Another Snapshot from the Screenplay of my Life:

We're in Sheffield. All of us. It's an annual ritual variously named (depending on which of us you talk to) as 'Do we have to?' or 'A holiday'.

Part of the holiday - just in case there was any doubt about which camp I belong to* - usually involves a humungous amount of time traipsing around Meadowhall, shopping our socks off. Living in a wee, out of the way village in the picturesque splendour of the Scottish Highlands going and getting bombarded by a full, throttle in-yer-face onslaught of Western Consumerism is sometimes quite refreshing - for a bit.

After a couple of hours of relentless shopping. Daisy and I got fed up. Merriol and Holly were tenaciously and methodically working their way through the sale rails of the already incredibly cheap Primark and had about another three acres to go. So Daisy and I found somewhere outside (and a little cooler) to wait for them to emerge:



INT. SHOPPING CENTRE. DAY


Daisy:
Where shall we go Daddy?

Me:
Let's just sit here and watch people.
They're fascinating. They're all different.

Daisy:
...and they're top of the food chain!

FADE TO BLACK.







* did I get away with it?

Friday, July 02, 2010

Blog posts to be avoided number 137.

The more than usually large number of movies I have watched this month:

June
  1. Astro Zombies (1967) - for some reason I find watching John Carradine endlessly twiddle knobs and talk total pseudo-technobabble hypnotically fascinating.
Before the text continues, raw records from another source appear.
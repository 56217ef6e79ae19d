-- ===== src/Cfs/Contract.antt =====
-- What the functions of cfs/src/cfs.c that work on blocks promise: a file is an image, which is
-- its size and its list of pairs.
use fusefs_block.Base.{
  ℕ, ◌+◌, ◌*◌, ◌^◌, ◌≤◌, ◌<◌, ◌≡◌, ◌≢◌, refl, sym, ap, ◌∙◌, true, none, some, arith, List, [], ◌∷◌,
  ◌++◌, All, ℤ, pos, ◌+ℤ◌, ◌-ℤ◌, ==ℤ_iff, to_off, to_off-pos, length, length-append, length-take,
  take, Bytes, CString,
}
use fusefs_block.Posix.{Posix, ◌>>=◌}
use fusefs_block.Posix.View.{View, Descriptor, find_fd}
use fusefs_block.Posix.Laws.{IsPosix}
use fusefs_block.Posix.Runs.{Ends, Runs, Runs-bind, Runs-cast}
use fusefs_block.Io.Write.{IsWhole}
use fusefs_block.Io.Opened.{IsOpened, at_file}
use fusefs_block.Util.{calculate_hash}
use fusefs_block.Storage.{BlkStore, block_path, block_size}
use fusefs_block.Storage.Shared.{
  Keeps, after_store, refs_after, after_store_holds, after_store_other, after_store-descriptors,
  store_result_well, Runs-store_block,
}
use fusefs_block.Cfs.{IsReadable, CfsFile, CfsBlock, Garbage}
use fusefs_block.Cfs.Blocks.{cfs_file_register_block, cfs_file_read_block}
use fusefs_block.Cfs.Pairs.{IsPair}
use fusefs_block.Cfs.Image.{Image, image_bytes, find_pair, find_pair-append}
use fusefs_block.Cfs.Search.{Shows}
use fusefs_block.Cfs.Append.{grown_file, with_pair, more_blocks, Runs-register_absent}
use fusefs_block.Cfs.Load.{filled, Runs-read_found}

pub IsOpened-descriptors :
    (v w : View) (fd : ℕ) (p : CString) (d : Descriptor)
    → w.descriptors ≡ v.descriptors
    → IsOpened v fd p d
    → IsOpened w fd p d
IsOpened-descriptors v w fd p d same is = record {
  found = ap (find_fd fd) same ∙ is.found;
  path_same = is.path_same;
  reads = is.reads;
  writes = is.writes;
}

All-append {ℓ κ} :
    {A : Type ℓ} (P : A → Type κ) (xs : List A) (x : A) → All P xs → P x → All P (xs ++ (x ∷ []))
All-append P [] x hs h = (h, tt)
All-append P (y ∷ xs) x (hy, hs) h = (hy, All-append P xs x hs h)

-- The size after a block of `n` more bytes, where it fits an `off_t`.
pub grown_size :
    (file : CfsFile) (k n : ℕ)
    → file.size ≡ pos k
    → k + n < 2 ^ 63
    → (grown_file file n).size ≡ pos (k + n)
grown_size file k n h fits =
    ap (λ z. to_off (z -ℤ pos 0 +ℤ pos n)) h ∙ ap to_off sum ∙ to_off-pos (k + n) fits
  where
    sum : (pos k -ℤ pos 0 +ℤ pos n) ≡ pos (k + n)
    sum = unfold ◌-ℤ◌ ◌+ℤ◌ in ground arith

-- The entry of the table shows the image with one more pair.
pub grown_file-Shows :
    (file : CfsFile) (fd : ℕ) (image : Image) (k n : ℕ) (index : ℤ) (hash : Bytes)
    → Shows file fd image
    → file.size ≡ pos k
    → k + n < 2 ^ 63
    → IsPair (record { index = index; hash = hash })
    → 23 + 28 * (length image.pairs + 2) < 2 ^ 31
    → Shows (grown_file file n) fd (with_pair image (pos (k + n)) index hash)
grown_file-Shows file fd image k n index hash shows size fits pair small = record {
  fd_same = shows.fd_same;
  size_same = grown_size file k n size fits;
  blocks_same = more_blocks file fd image shows ∙ ap pos (sym (length-append image.pairs _));
  pairs_fit = All-append IsPair image.pairs _ shows.pairs_fit pair;
  small = omega (arith, length-append image.pairs (record { index = index; hash = hash } ∷ []));
}

-- The pair that has been appended is found.
pub find_pair-with_pair :
    (image : Image) (size index : ℤ) (hash : Bytes)
    → find_pair index image.pairs ≡ none
    → find_pair index (with_pair image size index hash).pairs ≡ some hash
find_pair-with_pair image size index hash absent =
    find_pair-append index image.pairs _ ∙ rw (absent, (==ℤ_iff index index).1 refl) refl

abbrev pub hash_of : (Bytes → Bytes) → CfsBlock → Bytes
hash_of sha1 block = calculate_hash sha1 block.buffer block.size

-- A block that can be written to a file of `k` bytes.
pub record IsWritable (storage : BlkStore) (block : CfsBlock) (hash : Bytes) (p : CString) (k : ℕ)
    (image : Image) : Type 0 where
  pub some_bytes : 0 < block.size
  pub at_most : block.size ≤ block_size
  pub within : block.size ≤ length block.buffer
  pub pair : IsPair (record { index = block.index; hash = hash })
  pub apart : p ≢ block_path storage hash
  pub fits : k + block.size < 2 ^ 63
  pub small : 23 + 28 * (length image.pairs + 2) < 2 ^ 31

module _ {os : Posix} (law : IsPosix os) (whole : IsWhole os) (signals fuel : ℕ)
    (enough : block_size + signals < fuel) (sha1 : Bytes → Bytes) (storage : BlkStore)
    (garbage : Garbage) (file : CfsFile) (image : Image) (k fd : ℕ) (p : CString) (d : Descriptor)
    (block : CfsBlock) (shows : Shows file fd image) (rounds : length image.pairs + 1 < fuel)
    (size : file.size ≡ pos k)
    (usable : law.usable (block_path storage (hash_of sha1 block)) ≡ true)
    (writable : IsWritable storage block (hash_of sha1 block) p k image)
    (absent : find_pair block.index image.pairs ≡ none) where
  pub Runs-register :
      (v : View)
      → IsOpened v fd p d
      → v.files p ≡ some (image_bytes image)
      → (keeps : Keeps v (block_path storage (hash_of sha1 block)) (take block.size block.buffer))
      → Runs law signals
          (cfs_file_register_block os fuel sha1 garbage storage file block)
          v
          (pos 0, grown_file file block.size)
          (at_file
            (after_store v
              (block_path storage (hash_of sha1 block))
              (take block.size block.buffer)
              keeps)
            fd
            p
            (image_bytes (with_pair image (pos (k + block.size)) block.index (hash_of sha1 block)))
            23)
  Runs-register v is holds keeps =
      let path = block_path storage (hash_of sha1 block) in
      let bytes = take block.size block.buffer in
      Runs-cast refl
        (ap
          (λ z.
            at_file (after_store v path bytes keeps) fd p
              (image_bytes (with_pair image z block.index (hash_of sha1 block))) 23)
          (grown_size file k block.size size writable.fits))
        (Runs-register_absent law whole fuel (omega arith) sha1 storage block garbage file image fd
          p d shows (omega arith) (hash_of sha1 block) refl writable.pair.hash_length v
          (after_store v path bytes keeps)
          (Runs-store_block law whole fuel enough storage (hash_of sha1 block) v usable block.buffer
            block.size writable.some_bytes writable.at_most writable.within keeps)
          (store_result_well v path bytes block.size keeps)
          (IsOpened-descriptors v _ fd p d (after_store-descriptors v path bytes keeps) is)
          (after_store_other v path bytes keeps p writable.apart ∙ holds) absent)

  -- A block of 1 to 4096 bytes is registered at an index that the file does not have, under a
  -- hash whose name is free in the store or holds the same bytes. The call ends with 0. The
  -- store holds the block, and the file the old pairs in their order, followed by the index with
  -- the hash; its size and its number of blocks, in the header and in the entry of the table,
  -- count the block. The descriptor stands behind the header, and nothing else changes. This is
  -- on a system whose writes take all bytes of a call that is not interrupted, for a file of
  -- less than 2^31 bytes that is open for reading and writing and is not the block's own, and
  -- with more fuel than pairs, and than 4096 and the pending signals together.
  pub cfs_file_register_block_lem :
      (s : os.State)
      → IsOpened (law.view s) fd p d
      → (law.view s).files p ≡ some (image_bytes image)
      → (keeps : Keeps
          (law.view s)
          (block_path storage (hash_of sha1 block))
          (take block.size block.buffer))
      → law.pending s ≤ signals
      → (file' : CfsFile) × Ends law signals
          (cfs_file_register_block os fuel sha1 garbage storage file block)
          s
          (pos 0, file')
          (at_file
            (after_store
              (law.view s)
              (block_path storage (hash_of sha1 block))
              (take block.size block.buffer)
              keeps)
            fd
            p
            (image_bytes (with_pair image (pos (k + block.size)) block.index (hash_of sha1 block)))
            23)
        × Shows file' fd (with_pair image (pos (k + block.size)) block.index (hash_of sha1 block))
  cfs_file_register_block_lem s is holds keeps calm = (
    grown_file file block.size,
    (Runs-register (law.view s) is holds keeps).from s refl calm,
    grown_file-Shows file fd image k block.size block.index (hash_of sha1 block) shows size
        writable.fits writable.pair writable.small,
  )

  -- The registered block is read at its index.
  pub Runs-read_back :
      (v : View) (buff : CfsBlock)
      → IsOpened v fd p d
      → (keeps : Keeps v (block_path storage (hash_of sha1 block)) (take block.size block.buffer))
      → IsReadable garbage
      → (o : ℕ) × Runs law signals
          (cfs_file_read_block os fuel garbage storage
            (grown_file file block.size)
            block.index
            buff)
          (at_file
            (after_store v
              (block_path storage (hash_of sha1 block))
              (take block.size block.buffer)
              keeps)
            fd
            p
            (image_bytes (with_pair image (pos (k + block.size)) block.index (hash_of sha1 block)))
            23)
          (pos 1, filled buff block.index (take block.size block.buffer))
          (at_file
            (after_store v
              (block_path storage (hash_of sha1 block))
              (take block.size block.buffer)
              keeps)
            fd
            p
            (image_bytes (with_pair image (pos (k + block.size)) block.index (hash_of sha1 block)))
            o)
  Runs-read_back v buff is keeps readable =
      let path = block_path storage (hash_of sha1 block) in
      let bytes : Bytes = take block.size block.buffer in
      Runs-read_found law whole fuel enough (after_store v path bytes keeps) fd p d
        (IsOpened-descriptors v _ fd p d (after_store-descriptors v path bytes keeps) is) storage
        garbage (grown_file file block.size)
        (with_pair image (pos (k + block.size)) block.index (hash_of sha1 block))
        (grown_file-Shows file fd image k block.size block.index (hash_of sha1 block) shows size
          writable.fits writable.pair writable.small)
        (omega (
          arith,
          length-append image.pairs
              (record { index = block.index; hash = hash_of sha1 block } ∷ []),
        ))
        block.index buff 23 (hash_of sha1 block) (refs_after v path bytes keeps) bytes
        (find_pair-with_pair image (pos (k + block.size)) block.index (hash_of sha1 block) absent)
        writable.pair.hash_length readable usable writable.apart
        (after_store_holds v path bytes keeps)
        (omega (arith, length-take block.size block.buffer, writable.some_bytes, writable.within))
        (omega (arith, length-take block.size block.buffer, writable.at_most))

  -- A block that has been registered in this way is what `cfs_file_read_block` then reads at its
  -- index, through the entry that the registration leaves: the result is 1, and the buffer gets
  -- the index, the size and the bytes. The file and the store are as the registration left them.
  -- The conditions are those of `cfs_file_register_block_lem`; and what stands in place of the
  -- argument that cfs.c:355 does not pass is the address of memory that can be written, and the
  -- buffer for a hash has 20 bytes (`IsReadable`).
  pub read-register :
      (s : os.State) (buff : CfsBlock)
      → IsOpened (law.view s) fd p d
      → (law.view s).files p ≡ some (image_bytes image)
      → (keeps : Keeps
          (law.view s)
          (block_path storage (hash_of sha1 block))
          (take block.size block.buffer))
      → IsReadable garbage
      → law.pending s ≤ signals
      → (o : ℕ) × Ends law signals
          (cfs_file_register_block os fuel sha1 garbage storage file block >>= λ r.
            cfs_file_read_block os fuel garbage storage r.1 block.index buff)
          s
          (pos 1, filled buff block.index (take block.size block.buffer))
          (at_file
            (after_store
              (law.view s)
              (block_path storage (hash_of sha1 block))
              (take block.size block.buffer)
              keeps)
            fd
            p
            (image_bytes (with_pair image (pos (k + block.size)) block.index (hash_of sha1 block)))
            o)
  read-register s buff is holds keeps readable calm =
      let (o, run) = Runs-read_back (law.view s) buff is keeps readable in
      (o, (Runs-bind _ (Runs-register (law.view s) is holds keeps) run).from s refl calm)
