-- ===== src/Log.antt =====
-- The results of `log_error` and `log_syscall` of cfs/src/log.c, which the callbacks use. The
-- functions themselves, with what they write and the `errno` that they read, stand in the modules
-- below.
pub mod Stdio
pub mod Report
pub mod Open
pub mod Structs
pub mod Dump
pub mod Names
pub mod Contract
use fusefs_block.Base.{ℕ, zero, suc, ℤ, pos, negsuc}
use fusefs_block.Posix.{Sys, ok, fail}

-- `-errno`
unfoldable pub log_error : ℕ → ℤ
log_error zero = pos 0
log_error (suc n) = negsuc n

-- A call that failed with -1 gives `-errno`; any other result is passed on (`min_ret` is 0).
unfoldable pub log_syscall : Sys ℕ → ℤ
unfolding log_error
log_syscall (ok n) = pos n
log_syscall (fail errno) = log_error errno
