-- ===== src/Cfs/File.antt =====
-- Creating and inspecting CFS files: `cfs_create_file` and `cfs_file_stat` of cfs/src/cfs.c.
use fusefs_block.Base.{
  ℕ, Bool, true, false, not, ◌||◌, [], ◌∷◌, ◌++◌, ltb, if◌then◌else◌, ℤ, pos, negsuc, int_or,
  to_int, to_size, take, Bytes, CString, bytes_eq,
}
use fusefs_block.Posix.{Posix, ok, fail, wr_only, OpenFlags, M, pure, call, ◌>>=◌, ◌>>◌}
use fusefs_block.Io.{minus_one, s_read, s_write}
use fusefs_block.Log.{log_syscall}
use fusefs_block.Storage.{read_only}
use fusefs_block.Cfs.{
  CfsFile, Garbage, magic, magic_size, off_size, overlay, put_off, off_bytes, c_string,
}

abbrev pub create_exclusive : OpenFlags
create_exclusive = record { access = wr_only; create = true; exclusive = true }

-- `magic_buff` after the read, with the terminator set before it.
unfoldable pub magic_text : Bytes → Bytes → CString
unfolding overlay c_string
magic_text buf bytes = c_string (overlay (take magic_size buf ++ (0 ∷ [])) bytes)

-- `ret > 0`
abbrev pub positive : ℤ → Bool
positive (pos n) = ltb 0 n
positive (negsuc n) = false

module _ (os : Posix) (fuel : ℕ) where
  unfoldable pub cfs_create_file : CString → ℕ → M os.State ℤ
  cfs_create_file path mode = do
    r ← call (os.open_file path create_exclusive mode)
    elim r [
      | fail errno ↦ pure (log_syscall (fail errno))
      | ok fd ↦ do
        s_write os fuel (pos fd) (magic ++ (0 ∷ []))
        s_write os fuel (pos fd) (off_bytes (pos 0))
        s_write os fuel (pos fd) (off_bytes (pos 0))
        pure (pos fd)
    ]

  -- The result and `*stat_buf`. The descriptor is never closed.
  unfoldable pub cfs_file_stat : Garbage → CString → CfsFile → M os.State (ℤ × CfsFile)
  cfs_file_stat garbage path stat_buf = do
    r ← call (os.open_file path read_only 0)
    elim r [
      | fail errno ↦ pure (minus_one, stat_buf)
      | ok fd ↦ do
        (total, bytes) ← s_read os fuel (pos fd) magic_size
        if ltb (to_size total) magic_size
              || not (bytes_eq (magic_text garbage.magic_buff bytes) magic)
            then pure (minus_one, stat_buf)
            else (do
              (a, size_bytes) ← s_read os fuel (pos fd) off_size
              (b, blocks_bytes) ← s_read os fuel (pos fd) off_size
              let ret = int_or (int_or (pos 0) (to_int a)) (to_int b)
              let out = record stat_buf {
                size = put_off stat_buf.size size_bytes;
                total_blocks = put_off stat_buf.total_blocks blocks_bytes;
              }
              pure (if positive ret then ret else minus_one, out))
    ]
Every time I watch this movie there comes a moment when I start to doubt my sanity. Tonight it was the in the scene where John C and his (of course) hunchbacked assistant are preparing a corpse for revivification. I realised for the first time that the unexplained but very shiny piece of low budget equipment they were having obvious trouble strapping to his head is in fact - a lampshade. I was watching two grown men strapping a lampshade to someone's head.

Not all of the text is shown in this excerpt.